-- INPUT follows --

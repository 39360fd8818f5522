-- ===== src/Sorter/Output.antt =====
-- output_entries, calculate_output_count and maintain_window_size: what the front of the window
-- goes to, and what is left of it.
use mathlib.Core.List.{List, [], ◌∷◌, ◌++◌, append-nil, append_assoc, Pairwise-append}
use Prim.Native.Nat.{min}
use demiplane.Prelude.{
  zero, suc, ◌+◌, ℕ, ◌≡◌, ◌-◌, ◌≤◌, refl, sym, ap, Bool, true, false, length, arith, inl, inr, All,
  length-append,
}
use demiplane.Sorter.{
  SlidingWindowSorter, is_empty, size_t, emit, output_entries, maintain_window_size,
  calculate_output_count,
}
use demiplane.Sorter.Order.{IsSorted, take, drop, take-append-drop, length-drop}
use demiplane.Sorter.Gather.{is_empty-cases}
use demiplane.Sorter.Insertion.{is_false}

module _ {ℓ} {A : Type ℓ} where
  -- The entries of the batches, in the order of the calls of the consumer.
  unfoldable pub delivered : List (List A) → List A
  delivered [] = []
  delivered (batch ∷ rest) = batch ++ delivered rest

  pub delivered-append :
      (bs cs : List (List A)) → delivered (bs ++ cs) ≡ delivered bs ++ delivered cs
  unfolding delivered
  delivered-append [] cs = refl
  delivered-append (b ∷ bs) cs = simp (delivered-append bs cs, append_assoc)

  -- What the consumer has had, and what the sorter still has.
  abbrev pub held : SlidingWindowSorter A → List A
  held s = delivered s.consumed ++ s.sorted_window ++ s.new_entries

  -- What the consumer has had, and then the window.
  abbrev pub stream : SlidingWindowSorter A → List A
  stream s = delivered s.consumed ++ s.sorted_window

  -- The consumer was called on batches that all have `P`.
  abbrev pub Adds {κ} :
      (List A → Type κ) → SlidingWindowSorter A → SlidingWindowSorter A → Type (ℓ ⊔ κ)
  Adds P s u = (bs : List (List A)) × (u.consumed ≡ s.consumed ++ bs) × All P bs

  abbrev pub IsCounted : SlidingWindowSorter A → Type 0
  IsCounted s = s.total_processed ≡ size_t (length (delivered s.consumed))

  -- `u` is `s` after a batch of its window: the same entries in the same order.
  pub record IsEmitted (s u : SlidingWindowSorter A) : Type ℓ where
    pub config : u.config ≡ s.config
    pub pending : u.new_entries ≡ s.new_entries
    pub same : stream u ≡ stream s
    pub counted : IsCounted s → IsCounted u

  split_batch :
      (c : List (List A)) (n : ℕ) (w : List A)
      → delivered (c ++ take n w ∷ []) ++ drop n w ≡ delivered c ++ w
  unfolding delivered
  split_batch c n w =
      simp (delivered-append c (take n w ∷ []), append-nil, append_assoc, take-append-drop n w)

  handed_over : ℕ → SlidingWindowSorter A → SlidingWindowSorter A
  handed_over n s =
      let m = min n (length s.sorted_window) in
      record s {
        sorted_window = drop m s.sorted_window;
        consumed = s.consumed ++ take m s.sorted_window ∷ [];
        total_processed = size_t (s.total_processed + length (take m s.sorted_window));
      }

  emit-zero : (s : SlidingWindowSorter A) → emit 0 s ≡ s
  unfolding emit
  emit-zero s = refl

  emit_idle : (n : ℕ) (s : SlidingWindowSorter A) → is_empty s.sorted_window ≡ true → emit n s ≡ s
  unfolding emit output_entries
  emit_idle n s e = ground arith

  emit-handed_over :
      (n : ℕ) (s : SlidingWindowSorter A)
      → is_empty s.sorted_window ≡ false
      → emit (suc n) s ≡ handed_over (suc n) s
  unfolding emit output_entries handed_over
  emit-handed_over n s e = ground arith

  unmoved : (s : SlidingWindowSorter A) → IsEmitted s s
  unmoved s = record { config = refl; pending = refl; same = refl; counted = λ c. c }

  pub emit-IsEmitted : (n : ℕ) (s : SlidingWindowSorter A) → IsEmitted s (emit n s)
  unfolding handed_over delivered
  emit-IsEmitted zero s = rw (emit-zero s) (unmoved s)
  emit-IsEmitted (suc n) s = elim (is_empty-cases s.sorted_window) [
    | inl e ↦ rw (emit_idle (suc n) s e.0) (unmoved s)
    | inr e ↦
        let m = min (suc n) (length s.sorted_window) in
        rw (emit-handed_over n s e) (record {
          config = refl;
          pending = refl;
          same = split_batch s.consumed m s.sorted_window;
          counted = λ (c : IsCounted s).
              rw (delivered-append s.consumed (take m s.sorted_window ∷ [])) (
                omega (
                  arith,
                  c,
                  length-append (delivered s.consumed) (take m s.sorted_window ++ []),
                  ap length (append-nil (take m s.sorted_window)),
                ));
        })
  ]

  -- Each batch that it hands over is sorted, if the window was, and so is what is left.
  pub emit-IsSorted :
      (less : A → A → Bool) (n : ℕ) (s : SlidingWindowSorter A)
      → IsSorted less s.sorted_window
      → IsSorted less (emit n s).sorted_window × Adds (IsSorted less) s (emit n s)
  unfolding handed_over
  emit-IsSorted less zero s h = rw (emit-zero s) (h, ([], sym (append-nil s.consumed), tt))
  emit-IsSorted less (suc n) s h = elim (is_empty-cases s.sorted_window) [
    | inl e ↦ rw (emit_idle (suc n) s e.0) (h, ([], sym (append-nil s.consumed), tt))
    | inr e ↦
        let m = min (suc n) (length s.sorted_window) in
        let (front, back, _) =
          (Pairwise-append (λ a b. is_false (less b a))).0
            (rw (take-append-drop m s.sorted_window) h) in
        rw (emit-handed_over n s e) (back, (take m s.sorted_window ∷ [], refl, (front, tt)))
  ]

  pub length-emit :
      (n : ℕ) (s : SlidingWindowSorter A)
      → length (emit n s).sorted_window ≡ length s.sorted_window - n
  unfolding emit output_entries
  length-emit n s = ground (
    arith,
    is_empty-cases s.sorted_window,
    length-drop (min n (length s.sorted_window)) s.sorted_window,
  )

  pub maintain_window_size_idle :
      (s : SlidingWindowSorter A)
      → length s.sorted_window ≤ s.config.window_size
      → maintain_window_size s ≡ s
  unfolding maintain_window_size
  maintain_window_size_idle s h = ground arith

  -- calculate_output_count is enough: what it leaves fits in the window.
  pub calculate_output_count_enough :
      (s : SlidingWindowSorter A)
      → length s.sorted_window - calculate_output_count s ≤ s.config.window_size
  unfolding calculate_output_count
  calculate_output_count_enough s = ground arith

-- INPUT concluded --

INSTRUCTIONS FOR THE TASK: Please retype every entry above exactly as it stands.

REPLY TO THE EXERCISE:
repository 39360fd8818f5522
-- ===== src/Sorter/Output.antt =====
-- output_entries, calculate_output_count and maintain_window_size: what the front of the window
-- goes to, and what is left of it.
use mathlib.Core.List.{List, [], ◌∷◌, ◌++◌, append-nil, append_assoc, Pairwise-append}
use Prim.Native.Nat.{min}
use demiplane.Prelude.{
  zero, suc, ◌+◌, ℕ, ◌≡◌, ◌-◌, ◌≤◌, refl, sym, ap, Bool, true, false, length, arith, inl, inr, All,
  length-append,
}
use demiplane.Sorter.{
  SlidingWindowSorter, is_empty, size_t, emit, output_entries, maintain_window_size,
  calculate_output_count,
}
use demiplane.Sorter.Order.{IsSorted, take, drop, take-append-drop, length-drop}
use demiplane.Sorter.Gather.{is_empty-cases}
use demiplane.Sorter.Insertion.{is_false}

module _ {ℓ} {A : Type ℓ} where
  -- The entries of the batches, in the order of the calls of the consumer.
  unfoldable pub delivered : List (List A) → List A
  delivered [] = []
  delivered (batch ∷ rest) = batch ++ delivered rest

  pub delivered-append :
      (bs cs : List (List A)) → delivered (bs ++ cs) ≡ delivered bs ++ delivered cs
  unfolding delivered
  delivered-append [] cs = refl
  delivered-append (b ∷ bs) cs = simp (delivered-append bs cs, append_assoc)

  -- What the consumer has had, and what the sorter still has.
  abbrev pub held : SlidingWindowSorter A → List A
  held s = delivered s.consumed ++ s.sorted_window ++ s.new_entries

  -- What the consumer has had, and then the window.
  abbrev pub stream : SlidingWindowSorter A → List A
  stream s = delivered s.consumed ++ s.sorted_window

  -- The consumer was called on batches that all have `P`.
  abbrev pub Adds {κ} :
      (List A → Type κ) → SlidingWindowSorter A → SlidingWindowSorter A → Type (ℓ ⊔ κ)
  Adds P s u = (bs : List (List A)) × (u.consumed ≡ s.consumed ++ bs) × All P bs

  abbrev pub IsCounted : SlidingWindowSorter A → Type 0
  IsCounted s = s.total_processed ≡ size_t (length (delivered s.consumed))

  -- `u` is `s` after a batch of its window: the same entries in the same order.
  pub record IsEmitted (s u : SlidingWindowSorter A) : Type ℓ where
    pub config : u.config ≡ s.config
    pub pending : u.new_entries ≡ s.new_entries
    pub same : stream u ≡ stream s
    pub counted : IsCounted s → IsCounted u

  split_batch :
      (c : List (List A)) (n : ℕ) (w : List A)
      → delivered (c ++ take n w ∷ []) ++ drop n w ≡ delivered c ++ w
  unfolding delivered
  split_batch c n w =
      simp (delivered-append c (take n w ∷ []), append-nil, append_assoc, take-append-drop n w)

  handed_over : ℕ → SlidingWindowSorter A → SlidingWindowSorter A
  handed_over n s =
      let m = min n (length s.sorted_window) in
      record s {
        sorted_window = drop m s.sorted_window;
        consumed = s.consumed ++ take m s.sorted_window ∷ [];
        total_processed = size_t (s.total_processed + length (take m s.sorted_window));
      }

  emit-zero : (s : SlidingWindowSorter A) → emit 0 s ≡ s
  unfolding emit
  emit-zero s = refl

  emit_idle : (n : ℕ) (s : SlidingWindowSorter A) → is_empty s.sorted_window ≡ true → emit n s ≡ s
  unfolding emit output_entries
  emit_idle n s e = ground arith

  emit-handed_over :
      (n : ℕ) (s : SlidingWindowSorter A)
      → is_empty s.sorted_window ≡ false
      → emit (suc n) s ≡ handed_over (suc n) s
  unfolding emit output_entries handed_over
  emit-handed_over n s e = ground arith

  unmoved : (s : SlidingWindowSorter A) → IsEmitted s s
  unmoved s = record { config = refl; pending = refl; same = refl; counted = λ c. c }

  pub emit-IsEmitted : (n : ℕ) (s : SlidingWindowSorter A) → IsEmitted s (emit n s)
  unfolding handed_over delivered
  emit-IsEmitted zero s = rw (emit-zero s) (unmoved s)
  emit-IsEmitted (suc n) s = elim (is_empty-cases s.sorted_window) [
    | inl e ↦ rw (emit_idle (suc n) s e.0) (unmoved s)
    | inr e ↦
        let m = min (suc n) (length s.sorted_window) in
        rw (emit-handed_over n s e) (record {
          config = refl;
          pending = refl;
          same = split_batch s.consumed m s.sorted_window;
          counted = λ (c : IsCounted s).
              rw (delivered-append s.consumed (take m s.sorted_window ∷ [])) (
                omega (
                  arith,
                  c,
                  length-append (delivered s.consumed) (take m s.sorted_window ++ []),
                  ap length (append-nil (take m s.sorted_window)),
                ));
        })
  ]

  -- Each batch that it hands over is sorted, if the window was, and so is what is left.
  pub emit-IsSorted :
      (less : A → A → Bool) (n : ℕ) (s : SlidingWindowSorter A)
      → IsSorted less s.sorted_window
      → IsSorted less (emit n s).sorted_window × Adds (IsSorted less) s (emit n s)
  unfolding handed_over
  emit-IsSorted less zero s h = rw (emit-zero s) (h, ([], sym (append-nil s.consumed), tt))
  emit-IsSorted less (suc n) s h = elim (is_empty-cases s.sorted_window) [
    | inl e ↦ rw (emit_idle (suc n) s e.0) (h, ([], sym (append-nil s.consumed), tt))
    | inr e ↦
        let m = min (suc n) (length s.sorted_window) in
        let (front, back, _) =
          (Pairwise-append (λ a b. is_false (less b a))).0
            (rw (take-append-drop m s.sorted_window) h) in
        rw (emit-handed_over n s e) (back, (take m s.sorted_window ∷ [], refl, (front, tt)))
  ]

  pub length-emit :
      (n : ℕ) (s : SlidingWindowSorter A)
      → length (emit n s).sorted_window ≡ length s.sorted_window - n
  unfolding emit output_entries
  length-emit n s = ground (
    arith,
    is_empty-cases s.sorted_window,
    length-drop (min n (length s.sorted_window)) s.sorted_window,
  )

  pub maintain_window_size_idle :
      (s : SlidingWindowSorter A)
      → length s.sorted_window ≤ s.config.window_size
      → maintain_window_size s ≡ s
  unfolding maintain_window_size
  maintain_window_size_idle s h = ground arith

  -- calculate_output_count is enough: what it leaves fits in the window.
  pub calculate_output_count_enough :
      (s : SlidingWindowSorter A)
      → length s.sorted_window - calculate_output_count s ≤ s.config.window_size
  unfolding calculate_output_count
  calculate_output_count_enough s = ground arith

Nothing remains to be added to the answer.